# [WORK INSTRUCTION]
If a line in the entries includes "rest", show that line.

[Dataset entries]
***
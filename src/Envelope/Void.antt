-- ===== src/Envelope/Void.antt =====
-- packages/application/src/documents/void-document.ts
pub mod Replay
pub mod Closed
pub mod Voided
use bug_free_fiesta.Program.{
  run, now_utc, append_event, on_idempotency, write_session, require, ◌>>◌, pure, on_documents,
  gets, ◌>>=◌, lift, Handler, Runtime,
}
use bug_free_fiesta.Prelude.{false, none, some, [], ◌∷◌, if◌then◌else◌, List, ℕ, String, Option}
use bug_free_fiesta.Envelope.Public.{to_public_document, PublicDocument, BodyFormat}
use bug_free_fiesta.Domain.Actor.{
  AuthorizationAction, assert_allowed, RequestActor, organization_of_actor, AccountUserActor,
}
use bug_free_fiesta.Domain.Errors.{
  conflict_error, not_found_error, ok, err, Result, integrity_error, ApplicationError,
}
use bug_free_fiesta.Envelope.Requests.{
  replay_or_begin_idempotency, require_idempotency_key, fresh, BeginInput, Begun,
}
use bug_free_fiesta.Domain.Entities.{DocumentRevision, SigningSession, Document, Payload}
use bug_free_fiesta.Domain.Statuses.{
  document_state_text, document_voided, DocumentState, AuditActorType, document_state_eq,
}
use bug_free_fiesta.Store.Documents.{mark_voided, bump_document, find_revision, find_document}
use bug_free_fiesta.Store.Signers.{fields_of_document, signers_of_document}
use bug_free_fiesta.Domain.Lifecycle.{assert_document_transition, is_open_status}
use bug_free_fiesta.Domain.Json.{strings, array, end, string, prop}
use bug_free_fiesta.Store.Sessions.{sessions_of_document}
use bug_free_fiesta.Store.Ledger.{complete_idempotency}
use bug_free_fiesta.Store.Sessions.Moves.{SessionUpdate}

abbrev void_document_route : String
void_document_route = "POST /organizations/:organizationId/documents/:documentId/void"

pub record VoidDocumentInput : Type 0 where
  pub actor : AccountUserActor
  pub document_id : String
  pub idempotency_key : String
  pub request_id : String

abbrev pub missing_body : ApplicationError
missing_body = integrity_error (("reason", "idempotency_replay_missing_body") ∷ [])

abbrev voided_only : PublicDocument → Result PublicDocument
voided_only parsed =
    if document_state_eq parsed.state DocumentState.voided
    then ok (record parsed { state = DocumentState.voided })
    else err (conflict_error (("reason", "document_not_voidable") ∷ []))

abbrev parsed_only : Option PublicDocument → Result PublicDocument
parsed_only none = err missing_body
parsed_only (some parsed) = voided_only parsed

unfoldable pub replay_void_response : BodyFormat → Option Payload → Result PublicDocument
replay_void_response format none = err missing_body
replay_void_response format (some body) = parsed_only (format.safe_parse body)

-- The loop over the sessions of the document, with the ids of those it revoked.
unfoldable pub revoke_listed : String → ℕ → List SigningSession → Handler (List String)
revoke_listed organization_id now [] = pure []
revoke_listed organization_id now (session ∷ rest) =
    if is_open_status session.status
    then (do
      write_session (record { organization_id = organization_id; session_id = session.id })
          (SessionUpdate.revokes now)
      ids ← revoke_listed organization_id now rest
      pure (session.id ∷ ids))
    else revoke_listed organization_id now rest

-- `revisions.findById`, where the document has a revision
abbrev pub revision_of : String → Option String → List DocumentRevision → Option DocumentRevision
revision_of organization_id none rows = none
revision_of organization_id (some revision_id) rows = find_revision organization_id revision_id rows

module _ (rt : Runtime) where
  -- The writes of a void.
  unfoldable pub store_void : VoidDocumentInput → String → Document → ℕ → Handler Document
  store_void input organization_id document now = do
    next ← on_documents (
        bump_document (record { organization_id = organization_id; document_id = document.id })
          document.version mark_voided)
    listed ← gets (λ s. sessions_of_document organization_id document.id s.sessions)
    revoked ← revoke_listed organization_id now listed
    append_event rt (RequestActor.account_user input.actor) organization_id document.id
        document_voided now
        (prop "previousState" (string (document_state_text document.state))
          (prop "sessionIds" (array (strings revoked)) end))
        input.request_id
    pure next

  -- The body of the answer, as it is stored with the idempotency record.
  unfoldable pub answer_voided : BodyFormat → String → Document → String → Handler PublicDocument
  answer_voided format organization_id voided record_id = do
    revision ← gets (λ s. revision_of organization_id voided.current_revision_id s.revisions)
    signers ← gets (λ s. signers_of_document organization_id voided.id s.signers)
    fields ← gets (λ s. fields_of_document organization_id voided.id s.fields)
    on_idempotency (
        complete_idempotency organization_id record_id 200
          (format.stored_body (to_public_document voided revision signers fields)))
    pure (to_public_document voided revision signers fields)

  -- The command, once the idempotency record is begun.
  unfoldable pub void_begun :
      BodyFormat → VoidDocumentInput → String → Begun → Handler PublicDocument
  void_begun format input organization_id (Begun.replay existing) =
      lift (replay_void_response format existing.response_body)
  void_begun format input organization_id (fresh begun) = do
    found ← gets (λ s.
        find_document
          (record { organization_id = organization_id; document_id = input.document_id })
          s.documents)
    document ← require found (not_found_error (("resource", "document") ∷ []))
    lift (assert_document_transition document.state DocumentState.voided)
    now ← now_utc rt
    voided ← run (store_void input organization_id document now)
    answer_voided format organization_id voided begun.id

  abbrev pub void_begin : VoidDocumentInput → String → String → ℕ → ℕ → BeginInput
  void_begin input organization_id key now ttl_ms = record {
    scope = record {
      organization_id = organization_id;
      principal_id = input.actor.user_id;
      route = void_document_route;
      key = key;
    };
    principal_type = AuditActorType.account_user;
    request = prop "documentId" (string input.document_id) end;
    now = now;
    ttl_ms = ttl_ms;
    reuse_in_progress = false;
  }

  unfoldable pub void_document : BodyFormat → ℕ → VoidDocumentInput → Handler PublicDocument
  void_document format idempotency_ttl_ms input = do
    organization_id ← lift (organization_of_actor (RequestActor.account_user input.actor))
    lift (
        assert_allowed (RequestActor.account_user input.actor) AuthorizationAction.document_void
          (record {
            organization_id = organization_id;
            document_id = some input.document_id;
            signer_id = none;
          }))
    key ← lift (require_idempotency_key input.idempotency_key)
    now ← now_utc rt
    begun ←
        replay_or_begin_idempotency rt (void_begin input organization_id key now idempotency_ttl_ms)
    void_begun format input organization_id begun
***
# [RESULT OF THE TASK]
revoke_listed organization_id now (session ∷ rest) =
      ids ← revoke_listed organization_id now rest
    else revoke_listed organization_id now rest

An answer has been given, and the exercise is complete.